香港、抗議デモで300人逮捕 反政府のポスター撤去やアカウント削除も
香港(CNN) 香港国家安全維持法(国安法)が導入された香港が新たな現実に直面している。国安法違反の疑いで初の逮捕者が出たほか、反政府デモを支持するポスターが店頭から撤去され、多くの人々がSNSへの投稿やアカウントを削除している。
香港の繁華街、銅鑼湾(コーズウェイベイ)地区では新法に対する抗議で集結したデモ隊に対し、機動隊が催涙スプレーを発射し、放水銃を導入した。このデモで国家安全法違反の容疑で初の逮捕者が出た。
1日の逮捕者は少なくとも300人に上った。警察によれば、男性5人、女性4人が国安法違反の容疑で逮捕された。
国安法は、国家分裂や政権転覆、テロ活動、外国勢力との結託を犯罪として扱い、最高刑を終身刑とする内容。
国際社会から国安法に対して非難の声が出ている。英国は1日、新法は香港の自由に対する脅威だとして、資格を持った香港の住民が市民権を得られる方策を提供する考えを明らかにした。
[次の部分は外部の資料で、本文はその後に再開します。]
-- ===== src/Gui.antt =====
-- crates/gui: the application of the window and the tray, and its connection to the daemon.
pub mod Model
pub mod Events
pub mod App
pub mod Shell
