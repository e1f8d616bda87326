-- ===== src/Gui/Model.antt =====
-- crates/gui/src/model.rs, and the state and the messages of crates/gui/src/app.rs.
use owncloud_sync_client.Common.{
  ℕ, zero, suc, String, Bool, true, false, Option, none, List, [], ◌∷◌, ◌++◌,
}
use owncloud_sync_client.Common.Dict.{map_some}
use owncloud_sync_client.SyncEngine.Types.{Uuid}
use owncloud_sync_client.Daemon.Ipc.{DaemonCommand, DaemonEvent}

pub data FolderStatus : Type 0 where
  idle syncing error paused : FolderStatus

pub record FolderView : Type 0 where
  pub id : Uuid
  pub space_id : String
  pub display_name : String
  pub local_path : String
  pub status : FolderStatus
  pub progress : Option (ℕ × ℕ)
  pub errors : List String

pub record AccountView : Type 0 where
  pub id : Uuid
  pub url : String
  pub display_name : String
  pub folders : List FolderView

pub record SpaceInfo : Type 0 where
  pub id : String
  pub name : String
  pub drive_type : String

-- The fields of a variant are its arguments, in the order of the code. A set of texts is a list.
pub data View : Type 0 where
  sync_status : View
  account_settings : Uuid → View
  add_account : String → Option String → View
  add_account_waiting : Uuid → String → View
  pick_spaces : Uuid → List SpaceInfo → List String → Option String → View
  pick_root_folder : Uuid → List SpaceInfo → Option String → Option String → View
  general_settings : View
  folder_errors : Uuid → Uuid → View
  about : View

pub data Language : Type 0 where
  en de fr zh : Language

-- `DaemonConnection`: how many commands the channel still takes, none when it is closed, and those
-- that it took.
pub record DaemonConnection : Type 0 where
  pub room : ℕ
  pub sent : List DaemonCommand

abbrev pub disconnected : DaemonConnection
disconnected = record { room = 0; sent = [] }

abbrev take_room : DaemonCommand → ℕ → List DaemonCommand → Bool × DaemonConnection
take_room cmd zero sent = (false, record { room = zero; sent = sent })
take_room cmd (suc room) sent = (true, record { room = room; sent = sent ++ cmd ∷ [] })

-- `DaemonConnection::send`: whether the command was taken.
unfoldable pub try_send : DaemonCommand → DaemonConnection → Bool × DaemonConnection
try_send cmd conn = take_room cmd conn.room conn.sent

-- `tray` is the state that the tray's menu shows, where there is a tray.
pub record App : Type 0 where
  pub daemon : DaemonConnection
  pub accounts : List AccountView
  pub active_view : View
  pub tray : Option Bool
  pub window_visible : Bool
  pub window_id : Option ℕ
  pub daemon_running : Bool
  pub daemon_connecting : Bool
  pub language : Language

-- `App::default`
abbrev pub default_app : App
default_app = record {
  daemon = disconnected;
  accounts = [];
  active_view = View.sync_status;
  tray = none;
  window_visible = true;
  window_id = none;
  daemon_running = false;
  daemon_connecting = false;
  language = Language.en;
}

pub data Message : Type 0 where
  daemon_event : DaemonEvent → Message
  daemon_disconnected : Message
  navigate_to : View → Message
  toggle_window : Message
  window_opened window_close_requested : ℕ → Message
  add_account_url_changed : String → Message
  add_account_submit : Message
  toggle_space_selection : Uuid → String → Bool → Message
  pick_spaces_next : Uuid → Message
  pick_root_folder_browse : Message
  pick_root_folder_picked : Option String → Message
  pick_root_folder_submit add_space_clicked : Uuid → Message
  accept_discovered_space : Uuid → String → String → Message
  dismiss_discovered_space : Uuid → String → Message
  pause_folder resume_folder force_sync_folder remove_account : Uuid → Message
  open_folder : String → Message
  quit show_about start_daemon : Message
  open_url : String → Message
  daemon_connected : Option DaemonConnection → Message
  language_changed : Language → Message

-- `iced::Task`, or the program that a handler starts.
pub data Task : Type 0 where
  nothing : Task
  set_visible : ℕ → Bool → Task
  exit pick_folder : Task
  save_config : Language → Task
  open_path : String → Task
  -- `spawn_and_connect` after so many milliseconds, and `event_rx` set, with a message at its end
  spawn_and_connect : ℕ → Task
  take_events : Message → Task

-- `sync_tray`
unfoldable pub sync_tray : App → App
sync_tray app = record app { tray = map_some (λ _. app.daemon_running) app.tray }

-- `app.daemon.send(cmd)`, for its effect.
unfoldable pub send : DaemonCommand → App → App
unfolding try_send
send cmd app = record app { daemon = (try_send cmd app.daemon).1 }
一部の政治家や活動家グループは国安法の対象となることを恐れて、施行前に活動を停止した。街中では商店主らが反政府デモを支持するポスターを撤去する動きがみられたほか、多くの人々がSNSへの投稿やアカウントを削除した。住民の1人は取材に対し、ネット上で仮想プライベートネットワーク(VPN)を利用することや、香港を離れることを検討する必要があるかもしれないと述べた。
香港では毎年7月1日の返還記念日に民主化デモが実施されてきたが、今年は警察の許可が下りていなかった。